At trial and again on appeal, Miranda contends that the district court should have admitted the transcribed statements under the \"business records\" exception to the hearsay rule contained in NRS 51.135(1).[1] The business records exception to the hearsay rule generally permits a party to introduce into evidence reports made during the regularly conducted course of business. Therefore, the police report itself, which was made when Fernando gave his statement to police, would have been admissible as substantive evidence to demonstrate such things as the date on which the report was made or the fact that the statement was actually taken. See United States v. Smith, 521 F.2d 957, 964 (D.C. Cir.1975). Nevertheless, the business records exception does not itself permit a party to introduce into evidence the actual contents of an out-of-court statement given to police by a witness to a crime concerning the events of the crime itself. Id.; see Frias v. Valle, 101 Nev. 219, 698 P.2d 875 (1985). Any statement given by a witness to a police officer is itself hearsay and must itself be independently admissible under a separate and distinct exception to the hearsay rule. See United States v. Smith, supra; see also NRS 51.365 (hearsay included within hearsay is not excluded under the hearsay rule if each part of the statement is independently admissible under an exception to the hearsay rule).

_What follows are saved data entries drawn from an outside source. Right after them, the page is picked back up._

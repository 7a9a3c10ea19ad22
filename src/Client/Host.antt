-- ===== src/Client/Host.antt =====
-- Where the client connects, and what a line that is no command does.
use aoq.Prelude.{
  ℕ, ◌∙◌, sym, ap, codes, ◌≡◌, refl, ◌⊎◌, inl, inr, none, some, Option-cases, List, [], ◌∷◌, ◌++◌,
}
use aoq.Prelude.Int.{ℤ}
use aoq.Heap.{ok, of_option, bind-eq-ok}
use aoq.CText.{atoi}
use aoq.Client.Session.{
  ClientOpt, opt_h, opt_p, opt_other, Peer, default_peer, read_peer, client_main,
}

-- The loop leaves the host as it is, or at `NULL`.
read_peer-host :
    (opts : List ClientOpt) (peer peer' : Peer)
    → read_peer opts peer ≡ ok (some peer')
    → (peer'.host ≡ peer.host) ⊎ (peer'.host ≡ none)
unfolding read_peer
read_peer-host [] peer peer' e = inl (let e' : peer ≡ peer' = cc in rw e' refl)
read_peer-host (opt_h ∷ opts) peer peer' e =
    elim (read_peer-host opts (record peer { host = none }) peer' e) [
      | inl n ↦ inr n
      | inr n ↦ inr n
    ]
read_peer-host (opt_p optarg ∷ opts) peer peer' e =
    let (n, got, rest) = bind-eq-ok (atoi optarg) _ e in
    read_peer-host opts (record peer { port = n }) peer' rest
read_peer-host (opt_other ∷ opts) peer peer' e = cc

-- Whatever the options are, the client connects to "0.0.0.0" when it connects: `-h` takes no argument, and
-- with it `inet_aton` gets `NULL`.
pub client_main-host :
    (opts : List ClientOpt) (host : List ℕ) (port : ℤ)
    → client_main opts ≡ ok (some (host, port))
    → some host ≡ default_peer.host
unfolding client_main
client_main-host opts host port e =
    let (r, got, e₁) = bind-eq-ok (read_peer opts default_peer) _ e in
    elim (Option-cases r) [
      | inl n ↦ let e₂ = rw n at e₁ in cc
      | inr (peer, same) ↦
          let e₂ = rw same at e₁ in
          let (h, there, e₃) = bind-eq-ok (of_option peer.host) _ e₂ in
          let peer_read : read_peer opts default_peer ≡ ok (some peer) = rw same at got in
          let asked : h ≡ host = cc in
          elim (read_peer-host opts default_peer peer peer_read) [
            | inl n ↦
                let there' : ok (codes "0.0.0.0" ++ 0 ∷ []) ≡ ok h = rw n at there in
                let again : codes "0.0.0.0" ++ 0 ∷ [] ≡ h = cc in ap some (sym (again ∙ asked))
            | inr n ↦ let there' = rw n at there in cc
          ]
    ]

Miranda alternatively contends that the state nevertheless should not have been permitted to use the existence of the robbery *1126 as an aggravating circumstance, because the robbery had been used as the underlying felony in the guilt phase of his trial to obtain his first degree murder conviction under a felony-murder theory of guilt. As we recently held in Petrocelli v. State, 101 Nev. 46, 692 P.2d 503 (1985), however, under Nevada law, the underlying felony in a felony-murder case does not merge with the murder conviction, and it is therefore permissible for the state to use the underlying felony as an aggravating circumstance in the penalty phase of the defendant's trial.
Citing United States v. Frady, 456 U.S. 152, 163 n. 14, 102 S. Ct. 1584, 1592 n. 14, 71 L. Ed. 2d 816 (1982), the U.S. Supreme Court in United States v. Young, 470 U.S. ___, 105 S. Ct. 1038, 1047, 84 L. Ed. 2d 1 (1985), declared that \"the plain error exception to the contemporaneous objection rule is to be `used sparingly, solely in those circumstances in which a miscarriage of justice would otherwise result.'\" Moreover, the Young court said that \"[r]eviewing courts are not to use the plain error doctrine to consider trial court errors not meriting appellate review absent timely objection a practice which we have criticized as `extravagant protection.'\" Id., 105 S. Ct. at 1047 (citation and footnote omitted).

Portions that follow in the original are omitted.